Les îles, qui jouissaient d’une «certaine autonomie et de la possibilité de gérer leurs propres recettes, se retrouvent aujourd’hui tributaires des décisions du pouvoir central». Cette situation entraîne non seulement une stagnation du développement local, mais aussi une réduction de leur influence. «Avec Azali, ce n’est pas l’esprit de partage, mais une centralisation du pouvoir», déplore l’ancien locataire de Mrodju.
De son côté, Abdou El Wahab M’sa Bacar, juriste, souligne que la dénomination de délégué, bien que couramment utilisée, n’est prévue nulle part dans le texte constitutionnel.

Confusion de rôles

«L’article 101 de la constitution prévoit seulement que le gouverneur est assisté dans l’exercice de ses fonctions d’un cabinet composé de sept membres dont un directeur de cabinet et d’un secrétaire général chargé de coordonner l’ensemble des services publics insulaires», précise-t-il.

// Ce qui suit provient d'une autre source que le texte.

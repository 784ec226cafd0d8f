-- ===== src/Server/EventLoop/Blocking.antt =====
-- Requests to a handler that never ends take the threads of `Server::run` one by one.
use caviar_hacker_grid.Base.{
  ℕ, zero, suc, ◌+◌, ◌-◌, false, true, [], ◌∷◌, some, ◌≡◌, ◌∙◌, refl, arith, ap,
}
use caviar_hacker_grid.Base.Run.{done, diverges}
use caviar_hacker_grid.Base.Text.{Bytes}
use caviar_hacker_grid.Handlers.{blocking_handler}
use caviar_hacker_grid.Handlers.Table.{HandlerConfiguration, find_longest_handler_key}
use caviar_hacker_grid.Http.Request.{Request, parsed, parse}
use caviar_hacker_grid.Server.EventLoop.{
  accepting, reading, blocked, deleted, phase_of, set_phase, count, do_accept, Loop, new_loop,
  HasThread, num_of_threads, Step, accept, read, read_done, after_read, Steps, start, further, Mode,
  race,
}
use caviar_hacker_grid.Server.EventLoop.Accepting.{Steps-one, Steps-append}
use caviar_hacker_grid.Server.EventLoop.Phases.{
  phase_of-count, phase_of-append, phase_of-set_phase, count-set_phase, count-append,
}
use caviar_hacker_grid.Server.EventLoop.Sessions.{count-do_accept, count-ended, Steps_few}
use caviar_hacker_grid.Server.Session.{Outside, Shared, do_read, handle_request, handler_for}

pub do_read-blocking :
    (outside : Outside) (c : HandlerConfiguration) (input : Bytes) (w : Shared) (request : Request)
    → parse input ≡ parsed request
    → handler_for c (find_longest_handler_key request.request_uri c.request_handlers)
      ≡ some blocking_handler
    → do_read outside c [] input w ≡ diverges
unfolding do_read handle_request
do_read-blocking outside c input w request p h = rw (do_read, p, h) refl

read_done-diverges :
    (c : HandlerConfiguration) (outside : Outside) (input : Bytes) (i : ℕ) (l : Loop)
    → do_read outside c [] input l.shared ≡ diverges
    → read_done c outside input true i l
      ≡ done (record l { sessions = set_phase i blocked l.sessions })
unfolding read_done after_read
read_done-diverges c outside input i l e = rw (read_done, e) refl

Step-HasThread :
    {c : HandlerConfiguration} {mode : Mode} {l m : Loop} → Step c mode l m → HasThread l
Step-HasThread (accept i error t e) = t
Step-HasThread (read i outside input sent t e d) = t
Step-HasThread (race i outside input sent seen left o t e d) = t

module _ {c : HandlerConfiguration} {mode : Mode} {first : Shared} (outside : Outside)
    (input : Bytes) where
  -- One more connection, and one thread less.
  Steps_block_one :
      {l : Loop}
      → Steps c mode (new_loop first) l
      → HasThread l
      → count deleted l.sessions ≡ 0
      → do_read outside c [] input l.shared ≡ diverges
      → (l' : Loop) × Steps c mode l l'
        × (l'.shared ≡ l.shared)
        × (count blocked l'.sessions ≡ suc (count blocked l.sessions))
        × (count deleted l'.sessions ≡ 0)
  unfolding do_accept count
  Steps_block_one {l} s t none e =
      let one = Steps-one s in
      let (i, at) = phase_of-count l.sessions (λ h. omega (arith, h, none, one)) in
      let m : Loop = record l { sessions = do_accept i false l.sessions } in
      let same_blocked = count-do_accept blocked i false l.sessions refl refl refl at in
      let reads : phase_of i m.sessions ≡ some reading =
        phase_of-append i reading (set_phase i reading l.sessions) (accepting ∷ [])
          (phase_of-set_phase i reading accepting l.sessions at) in
      let free : HasThread m = omega (arith, t, same_blocked) in
      (
        record m { sessions = set_phase i blocked m.sessions },
        further (further start (accept i false t at))
            (read i outside input true free reads (read_done-diverges c outside input i m e)),
        refl,
        omega (arith, count-ended blocked blocked i m.sessions refl reads, same_blocked),
        omega (
          arith,
          none,
          count-ended blocked deleted i m.sessions refl reads,
          count-append deleted (set_phase i reading l.sessions) (accepting ∷ []),
          count-set_phase deleted reading accepting i l.sessions at,
        ),
      )

  block_all :
      (n : ℕ) {l : Loop}
      → Steps c mode (new_loop first) l
      → count blocked l.sessions + n ≡ num_of_threads
      → count deleted l.sessions ≡ 0
      → do_read outside c [] input l.shared ≡ diverges
      → (l' : Loop) × Steps c mode l l'
        × (l'.shared ≡ l.shared)
        × (count blocked l'.sessions ≡ num_of_threads)
  block_all zero {l} s h none e = (l, start, refl, omega (arith, h))
  block_all (suc n) {l} s h none e =
      let (m, t, same, grown, none') = Steps_block_one s (omega (arith, h)) none e in
      let (l', u, same', all) =
        block_all n (Steps-append s t) (omega (arith, h, grown)) none'
          (ap (λ w. do_read outside c [] input w) same ∙ e) in
      (l', Steps-append t u, same' ∙ same, all)

  -- While no accept has failed, clients whose request goes to a handler that never ends can take every
  -- thread: no session is served any more, nor is a connection accepted, and the program goes on.
  pub Steps_block :
      {l : Loop}
      → Steps c mode (new_loop first) l
      → count deleted l.sessions ≡ 0
      → do_read outside c [] input l.shared ≡ diverges
      → (l' : Loop) × Steps c mode l l'
        × (l'.shared ≡ l.shared)
        × (count blocked l'.sessions ≡ num_of_threads)
        × ((m : Loop) → Step c mode l' m → ⊥)
  Steps_block {l} s none e =
      let few = Steps_few s in
      let (l', t, same, all) =
        block_all (num_of_threads - count blocked l.sessions) s (omega (arith, few)) none e in
      (l', t, same, all, λ m step. absurd (omega (arith, Step-HasThread step, all)))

À Mwali, par exemple, la situation est particulièrement remarquable, avec la nomination de responsables de départements inexistants dans la Constitution, créant une superposition de portefeuilles et une confusion des prérogatives. «Le responsable du département est-il placé sous la subordination du délégué ?», s’interroge l’universitaire, soulignant les difficultés de hiérarchisation au sein des administrations insulaires.

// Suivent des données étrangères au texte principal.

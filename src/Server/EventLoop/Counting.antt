-- ===== src/Server/EventLoop/Counting.antt =====
-- server/server.cc: what the counters of the status count: the replies that the sessions have written, by their status
-- codes and by the URIs that were asked for.
use caviar_hacker_grid.Base.{
  ℕ, zero, suc, ◌+◌, Bool, true, false, List, [], ◌∷◌, ◌++◌, some, ◌≡◌, refl, arith, subst, sym,
}
use caviar_hacker_grid.Base.Run.{Run, done}
use caviar_hacker_grid.Base.StdMap.Keys.{int_order, text_order}
use caviar_hacker_grid.Base.Text.{Bytes}
use caviar_hacker_grid.Handlers.Table.{HandlerConfiguration}
use caviar_hacker_grid.Http.Request.{parsed, parse}
use caviar_hacker_grid.Http.Response.Codes.{has_code}
use caviar_hacker_grid.Server.EventLoop.{
  Phase, accepting, reading, closed, deleted, phase_of, set_phase, one_if, do_accept, Loop, accept,
  read, Steps, start, further, Mode, race,
}
use caviar_hacker_grid.Server.Session.{Served, replied, do_read}

-- The connections on which a reply with a status code was written.
abbrev pub replies_with : ℕ → Phase → ℕ
replies_with code (closed text) = one_if (has_code code text)
replies_with code _ = 0

abbrev pub count_replies : ℕ → List Phase → ℕ
count_replies code [] = 0
count_replies code (p ∷ ps) = replies_with code p + count_replies code ps

-- The URI of a request, if it was replied to.
abbrev pub uri_of : Bytes → List Bytes
uri_of input = elim (parse input) [ parsed r ↦ r.request_uri ∷ [] | _ ↦ [] ]

abbrev pub if_replied : Run Served → List Bytes → List Bytes
if_replied (done (replied _ _)) uris = uris
if_replied _ uris = []

-- The URIs of the requests that were answered on the way to a state.
abbrev pub answered_uris :
    {c : HandlerConfiguration} {mode : Mode} {l l' : Loop} → Steps c mode l l' → List Bytes
answered_uris start = []
answered_uris (further s (accept _ _ _ _)) = answered_uris s
answered_uris {c} (further {m} s (race _ outside input _ seen _ _ _ _ _)) =
    if_replied (do_read outside c [] input seen) (uri_of input) ++ answered_uris s
answered_uris {c} (further {m} s (read _ outside input _ _ _ _)) =
    if_replied (do_read outside c [] input m.shared) (uri_of input) ++ answered_uris s

pub count_replies-set_phase :
    (code : ℕ) (i : ℕ) (p q : Phase) (ps : List Phase)
    → phase_of i ps ≡ some q
    → count_replies code (set_phase i p ps) + replies_with code q
      ≡ count_replies code ps + replies_with code p
count_replies-set_phase code i p q [] e = cc
count_replies-set_phase code zero p q (r ∷ ps) e =
    let f : q ≡ r = cc in
    subst
      (λ x.
        replies_with code p + count_replies code ps + replies_with code x
        ≡ replies_with code r + count_replies code ps + replies_with code p)
      (sym f) (omega arith)
count_replies-set_phase code (suc i) p q (r ∷ ps) e =
    omega (arith, count_replies-set_phase code i p q ps e)

count_replies-append :
    (code : ℕ) (ps : List Phase) → count_replies code (ps ++ accepting ∷ []) ≡ count_replies code ps
count_replies-append code [] = refl
count_replies-append code (p ∷ ps) = omega (arith, count_replies-append code ps)

pub count_replies-do_accept :
    (code : ℕ) (i : ℕ) (error : Bool) (ps : List Phase)
    → phase_of i ps ≡ some accepting
    → count_replies code (do_accept i error ps) ≡ count_replies code ps
unfolding do_accept
count_replies-do_accept code i true ps e =
    omega (arith, count_replies-set_phase code i deleted accepting ps e)
count_replies-do_accept code i false ps e = omega (
  arith,
  count_replies-append code (set_phase i reading ps),
  count_replies-set_phase code i reading accepting ps e,
)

«La centralisation accrue du pouvoir sous Azali Assoumani est perçue comme une menace par beaucoup», revient à la charge l’ancien gouverneur de Ngazidja. Selon lui, les Comores, pays insulaire par excellence, «se retrouvent avec un pouvoir hyper centralisé à Moroni, ignorant les aspirations locales. Le souhait des habitants des îles est que leurs îles soient autonomes, que le pouvoir soit décentralisé», insiste-t-il. Et de conclure ainsi : «Le manque de volonté politique et l’absence de respect pour les structures décentralisées ont conduit à une marginalisation progressive des exécutifs insulaires. Aujourd’hui, on ne sait même pas à quoi servent les gouverneurs n’en parlons plus des délégués qui ne figurent nulle part.»

Et les sirènes…

L’avis d’un autre observateur de la politique nationale, en l’occurrence l’avocat et ancien ministre Fahmi Saïd Ibrahim, n’est pas éloigné de celui de Mouigni Baraka. «Je pense que les leviers légaux pouvant être actionnés par les gouverneurs ont été vidés par la Constitution de 2018. Celle-ci a centralisé le pouvoir.

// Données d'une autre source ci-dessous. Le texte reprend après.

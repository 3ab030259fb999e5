-- ===== src/System/Effects/Assignments.antt =====
-- The assignment processor and the worker keep within what their stores and services keep within.
use innovation_sandbox_on_aw.Common.{
  ◌≡◌, refl, sym, ap, subst, ◌⊎◌, inl, inr, Bool-cases, String, List, [], ◌∷◌, true, false,
}
use innovation_sandbox_on_aw.Types.{DesiredAssignment}
use innovation_sandbox_on_aw.LeaseLock.{is_critical}
use innovation_sandbox_on_aw.World.{Assignment}
use innovation_sandbox_on_aw.World.Triple.{View, view, Triple, Triple-pure, Triple-modify}
use innovation_sandbox_on_aw.World.Within.{
  Within, Within-pure, Within-gets, Within-or_throw, Within-if, Within-bind, Within-swallow,
  Within-finally, Within-Triple,
}
use innovation_sandbox_on_aw.Sandbox.Effects.{
  Allows, remote-Within, send-Within, release_lock-Within,
}
use innovation_sandbox_on_aw.Sandbox.Effects.Shared.{events-Within}
use innovation_sandbox_on_aw.Lifecycle.Effects.{get_lease-Within}
use innovation_sandbox_on_aw.Reconciliation.{
  AssignmentAction, grant, revoke, no_op, Message, assignment_record_exists,
  should_principal_have_access, resolve_assignment_action, execute_grant, persist_grant_record,
  execute_revoke, process_assignment, settle_assignment, grant_record, is_record,
}
use innovation_sandbox_on_aw.Reconciliation.Laws.{has_access}
use innovation_sandbox_on_aw.Table.{put}
use innovation_sandbox_on_aw.World.Triple.Bind.{bind_reads, bind_guard, bind_remote}
use innovation_sandbox_on_aw.Processor.{
  FanOutInput, CompletionInput, get_assignments_for_lease, build_work_items, handle_fan_out,
  complete_assignments, handle_completion,
}

-- The record, if its schema accepts it, is put where there is none, or nothing changes.
persisted-Triple :
    (m : Message) (g : View)
    → Triple g
        (λ _ v.
          (v ≡ g)
          ⊎ ((g.env.assignment_is_valid (grant_record m) ≡ true)
              × (v ≡ record g { assignments = put (is_record m) (grant_record m) g.assignments })))
        (λ _ v. v ≡ g)
        (persist_grant_record m)
unfolding persist_grant_record
persisted-Triple m g =
    bind_reads (λ v. v.env.assignment_is_valid (grant_record m)) _
      (bind_guard _ _ _
        (λ valid. bind_remote _ refl (
          bind_reads (has_access m) _ (elim (Bool-cases (has_access m g)) [
            | inl e ↦ simp e (Triple-pure _ (inl refl))
            | inr e ↦ simp e (Triple-modify _ (λ w p. inr (valid, ap added p)))
          ])))
        (λ invalid. refl))
  where
    added : View → View
    added v = record v { assignments = put (is_record m) (grant_record m) v.assignments }

module _ {R : View → View → Type 0} (allows : Allows R) where
  open allows use {order}

  records-Within : (id : String) → Within R (get_assignments_for_lease id)
  unfolding get_assignments_for_lease
  records-Within id = Within-bind order (remote-Within allows) (λ _. Within-gets order _)

  items-Within :
      (ds : List DesiredAssignment) (records : List Assignment)
      → Within R (build_work_items ds records)
  unfolding build_work_items
  items-Within [] [] = Within-pure order _
  items-Within (d ∷ ds) records =
      Within-bind order (remote-Within allows)
        (λ _. Within-bind order (Within-gets order _) (λ arn. Within-pure order _))
  items-Within [] (r ∷ records) =
      Within-bind order (remote-Within allows)
        (λ _. Within-bind order (Within-gets order _) (λ arn. Within-pure order _))

  pub fan_out-Within : (input : FanOutInput) → Within R (handle_fan_out input)
  unfolding handle_fan_out
  fan_out-Within input = Within-bind order (get_lease-Within allows _ _) (λ found.
      Within-bind order (Within-or_throw order found _) (λ l.
        Within-bind order (Within-or_throw order _ _) (λ account_id.
          Within-bind order (records-Within _) (λ records.
            Within-bind order (items-Within _ records) (λ built. Within-pure order _)))))

  pub completion-Within : (input : CompletionInput) → Within R (handle_completion input)
  unfolding handle_completion complete_assignments
  completion-Within input =
      Within-finally order _ _
        (Within-bind order (get_lease-Within allows _ _) (λ found.
          Within-bind order (records-Within _)
            (λ records. Within-bind order (events-Within allows _) (λ _. Within-pure order _))))
        (Within-swallow order _ (release_lock-Within allows _ _ _))

  grant-Within : (m : Message) → Within R (persist_grant_record m)
  grant-Within m =
      Within-Triple order (persist_grant_record m) (persisted-Triple m)
        (λ g _ v h. elim h [
          | inl p ↦ subst (R g) (sym p) (order.same g)
          | inr (valid, p) ↦ subst (R g) (sym p) (allows.assignment_write m g valid)
        ])
        (λ g e v p. subst (R g) (sym p) (order.same g))

  revoke-Within : (m : Message) → Within R (execute_revoke m)
  unfolding execute_revoke
  revoke-Within m = Within-bind order (remote-Within allows) (λ _.
      Within-bind order (Within-gets order _) (λ missing.
        Within-bind order (Within-if order missing (remote-Within allows) (send-Within allows _))
          (λ _.
            Within-bind order (remote-Within allows)
              (λ _. record { at = λ w. allows.assignment_deletion m (view w) }))))

  process-Within : (m : Message) (a : AssignmentAction) → Within R (process_assignment m a)
  unfolding process_assignment execute_grant
  process-Within m grant =
      Within-bind order (Within-bind order (remote-Within allows) (λ _. send-Within allows _))
        (λ _. grant-Within m)
  process-Within m revoke = revoke-Within m
  process-Within m no_op = Within-pure order tt

  resolve-Within : (m : Message) → Within R (resolve_assignment_action m)
  unfolding resolve_assignment_action assignment_record_exists should_principal_have_access
  resolve-Within m =
      Within-bind order (Within-bind order (remote-Within allows) (λ _. Within-gets order _))
        (λ exists.
          Within-bind order
            (Within-if order (is_critical m.intent) (Within-pure order false)
              (Within-bind order (get_lease-Within allows _ _) (λ found. Within-pure order _)))
            (λ wanted. Within-pure order _))

  pub settle-Within : (m : Message) → Within R (settle_assignment m)
  unfolding settle_assignment
  settle-Within m = Within-bind order (resolve-Within m) (λ action. process-Within m action)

Après tout, nous sommes de culture administrative très française et donc très jacobine. Observez les gouverneurs sortants, qu’ont-ils pu faire hélas ? Même avec une vision et une volonté, c’eût été très difficile d’engranger des réformes et poser des actes pouvant structurer l’administration locale et mener une politique visible avec des résultats probants», tranche-t-il. Et de conclure avec cette pointe d’humour : « Il y a un mérite cependant : la présence des sirènes des gouverneurs dans nos différentes festivités. Cela fait plaisir aux mariés d’entendre les gouverneurs arriver lors de nos grands mariages, et même les petits mariages d’ailleurs. Ça nous honore de savoir qu’une haute personnalité, un gouverneur, s’est déplacée pour participer à ces cérémonies.»